WHAT YOU WILL DO
State, as a bare number, how many lines below contain "Receiving".

::: DATA TO PROCESS

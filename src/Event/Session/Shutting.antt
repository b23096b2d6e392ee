-- ===== src/Event/Session/Shutting.antt =====
-- A closing connection over the rest of a session.
use wslay.Prelude.{
  false, subst, ℤ, ℕ, ◌<◌, ◌≡◌, refl, ap, ◌∙◌, true, ltb, ltb→lt, ◌==◌, inl, inr, if◌then◌else◌,
  is_nonzero, List, [], All, all_below, all_below_sound, all_below_eq, pos, bit_and, bit_or,
}
use wslay.Protocol.{code_protocol_error, Iocb}
use wslay.Frame.Context.{RecvContext, At}
use wslay.Event.Context.{User, EventCallbacks, EventContext, close_queued, close_received}
use wslay.Event.Queueing.{queue_close, queue_close_wrapper}
use wslay.Event.Send.{again, returns}
use wslay.Event.Recv.{RecvCallbacks, close_and_stop, bad_frame}
use wslay.Event.RecvLoop.{receive_frame, recv_round, with_input}
use wslay.Event.Closing.{Closed, IsClosed, RoundAll}
use wslay.Event.Answer.{wrapper-refuses}
use wslay.Event.Calls.{
  Call, Shut, IsClosed-Shut, IsClosed-not_queueable, after_call-IsClosed, queue_close-IsClosed,
}
use wslay.Event.Receiving.{Sending, Of}
use wslay.Event.Receiving.Loop.{recv_round-Of}
use wslay.Event.Session.{
  Step, after_steps, IsFineStep, IsActing, Lasts, acting-IsKept, after_steps-Of,
}

received_flags : all_below 8 (λ s. ltb (bit_or s close_received) 8) ≡ true
unfolding all_below
received_flags = refl

received_queued :
    all_below 8 (λ s. bit_and (bit_or s close_received) close_queued == bit_and s close_queued)
    ≡ true
unfolding all_below
received_queued = refl

abbrev SendingClosed : {W : Type 0} → Sending W → Type 0
SendingClosed s = Closed s.write_enabled s.close_status

-- A close message that comes in does not reopen the connection.
received-Closed : (w : _) (s : ℕ) → Closed w s → Closed w (bit_or s close_received)
received-Closed w s (flags, why) = (
  ltb→lt (bit_or s close_received) 8
      (all_below_sound 8 (λ k. ltb (bit_or k close_received) 8) s received_flags flags),
  elim why [
    | inl e ↦ inl e
    | inr e ↦ inr (
        ap (λ k. k == 0)
          (all_below_eq 8 (λ k. bit_and (bit_or k close_received) close_queued)
            (λ k. bit_and k close_queued) received_queued s flags)
        ∙ e)
  ],
)

-- A context in the loop of `wslay_event_recv`: at the start of one of its rounds.
pub data InLoop {W : Type 0} (cb : EventCallbacks W) (on : RecvCallbacks W) (first : EventContext W)
    : EventContext W → Type 0 where
  at_first : InLoop cb on first first
  next_round :
      {ctx : EventContext W}
      → InLoop cb on first ctx
      → (after : EventContext W) → recv_round on cb ctx ≡ again after
      → InLoop cb on first after

-- The wrapper fails with 1, having disabled reading and changed nothing else, and so does
-- `wslay_event_recv` where it would close the connection.
pub record Fails {W : Type 0} (on : RecvCallbacks W) (ctx : EventContext W) : Type 0 where
  pub wrapper :
      (n : ℕ) (reason : List ℕ)
      → queue_close_wrapper ctx n reason ≡ (pos 1, record ctx { read_enabled = false })
  pub stopping :
      (status : ℕ)
      → close_and_stop status ctx ≡ returns (pos 1) (record ctx { read_enabled = false })
  pub refusing :
      (iocb : Iocb)
      → bad_frame iocb ctx ≡ true
      → receive_frame on iocb ctx ≡ returns (pos 1) (record ctx { read_enabled = false })

module _ {W : Type 0} where
  -- Nothing that the application or its callbacks do is asked for anything.
  abbrev pub IsAny : Call W → Type 0
  IsAny c = Unit

  closed-Lasts : (cb : EventCallbacks W) → Lasts cb IsAny SendingClosed
  closed-Lasts cb = record {
    calling = λ c k p h. after_call-IsClosed cb c k h;
    failing = λ m r. tt;
    queueing = λ arg. tt;
    closed = λ k h. received-Closed k.write_enabled k.close_status h;
  }

  after_steps-IsClosed :
      (cb : EventCallbacks W) (ctx : EventContext W) (n : ℕ) (reason : List ℕ)
      → ctx.close_status < 8
      → (queue_close ctx n reason).0 ≡ pos 0
      → (steps : List (Step W)) → All (IsFineStep cb IsAny) steps
      → IsClosed (after_steps cb steps (queue_close ctx n reason).1)
  after_steps-IsClosed cb ctx n reason flags zero_result steps fine =
      after_steps-Of cb IsAny SendingClosed (closed-Lasts cb) steps (queue_close ctx n reason).1
        fine (queue_close-IsClosed ctx n reason flags zero_result)

  -- Once `wslay_event_queue_close` has returned 0, in every later state of the session, whatever
  -- is sent, received and called in the callbacks, every function that queues a message refuses it
  -- and changes nothing.
  pub after_steps-Shut :
      (cb : EventCallbacks W) (ctx : EventContext W) (n : ℕ) (reason : List ℕ)
      → ctx.close_status < 8
      → (queue_close ctx n reason).0 ≡ pos 0
      → (steps : List (Step W)) → All (IsFineStep cb IsAny) steps
      → Shut (after_steps cb steps (queue_close ctx n reason).1)
  after_steps-Shut cb ctx n reason flags zero_result steps fine =
      IsClosed-Shut (after_steps cb steps (queue_close ctx n reason).1)
        (after_steps-IsClosed cb ctx n reason flags zero_result steps fine)

  InLoop-IsClosed :
      (cb : EventCallbacks W) (on : RecvCallbacks W)
      → IsActing cb IsAny on
      → (first ctx : EventContext W) → InLoop cb on first ctx
      → IsClosed first
      → IsClosed ctx
  InLoop-IsClosed cb on acting first ctx at_first h = h
  InLoop-IsClosed cb on acting first ctx (next_round {ctx = c} l after e) h =
      subst (RoundAll (Of SendingClosed)) e (
        recv_round-Of SendingClosed on
          (acting-IsKept cb IsAny SendingClosed (closed-Lasts cb) on acting) cb c
          (InLoop-IsClosed cb on acting first c l h))

  IsClosed-Fails : (on : RecvCallbacks W) (ctx : EventContext W) → IsClosed ctx → Fails on ctx
  unfolding close_and_stop receive_frame
  IsClosed-Fails on ctx h =
      let refused = wrapper-refuses ctx in
      let shut = IsClosed-not_queueable ctx h in
      let stop : (status : ℕ)
          → close_and_stop status ctx ≡ returns (pos 1) (record ctx { read_enabled = false }) =
        λ status.
          ap
            (λ (p : ℤ × EventContext W).
              if is_nonzero p.0 then returns p.0 p.1 else returns (pos 0) p.1)
            (refused status [] shut) in
      record {
        wrapper = λ n reason. refused n reason shut;
        stopping = stop;
        refusing = λ iocb bad. rw bad (stop code_protocol_error);
      }

  -- Once `wslay_event_queue_close` has returned 0, in every later state of the session, and in every
  -- round of a call of `wslay_event_recv` in such a state, whatever `wslay_frame_recv` has read in
  -- the round: `wslay_event_queue_close_wrapper` returns 1, having disabled reading and changed
  -- nothing else, and so does `wslay_event_recv` on a frame with a reserved bit or a wrong mask.
  pub wrapper-Fails :
      (cb : EventCallbacks W) (ctx : EventContext W) (n : ℕ) (reason : List ℕ)
      → ctx.close_status < 8
      → (queue_close ctx n reason).0 ≡ pos 0
      → (steps : List (Step W)) → All (IsFineStep cb IsAny) steps
      → (on : RecvCallbacks W) → IsActing cb IsAny on
      → (c : EventContext W) → InLoop cb on (after_steps cb steps (queue_close ctx n reason).1) c
      → (read : At RecvContext (User W)) → Fails on (with_input on c read)
  wrapper-Fails cb ctx n reason flags zero_result steps fine on acting c l read =
      IsClosed-Fails on (with_input on c read) (
        InLoop-IsClosed cb on acting (after_steps cb steps (queue_close ctx n reason).1) c l
          (after_steps-IsClosed cb ctx n reason flags zero_result steps fine))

::::::

RESPONSE FOR THIS EXERCISE
2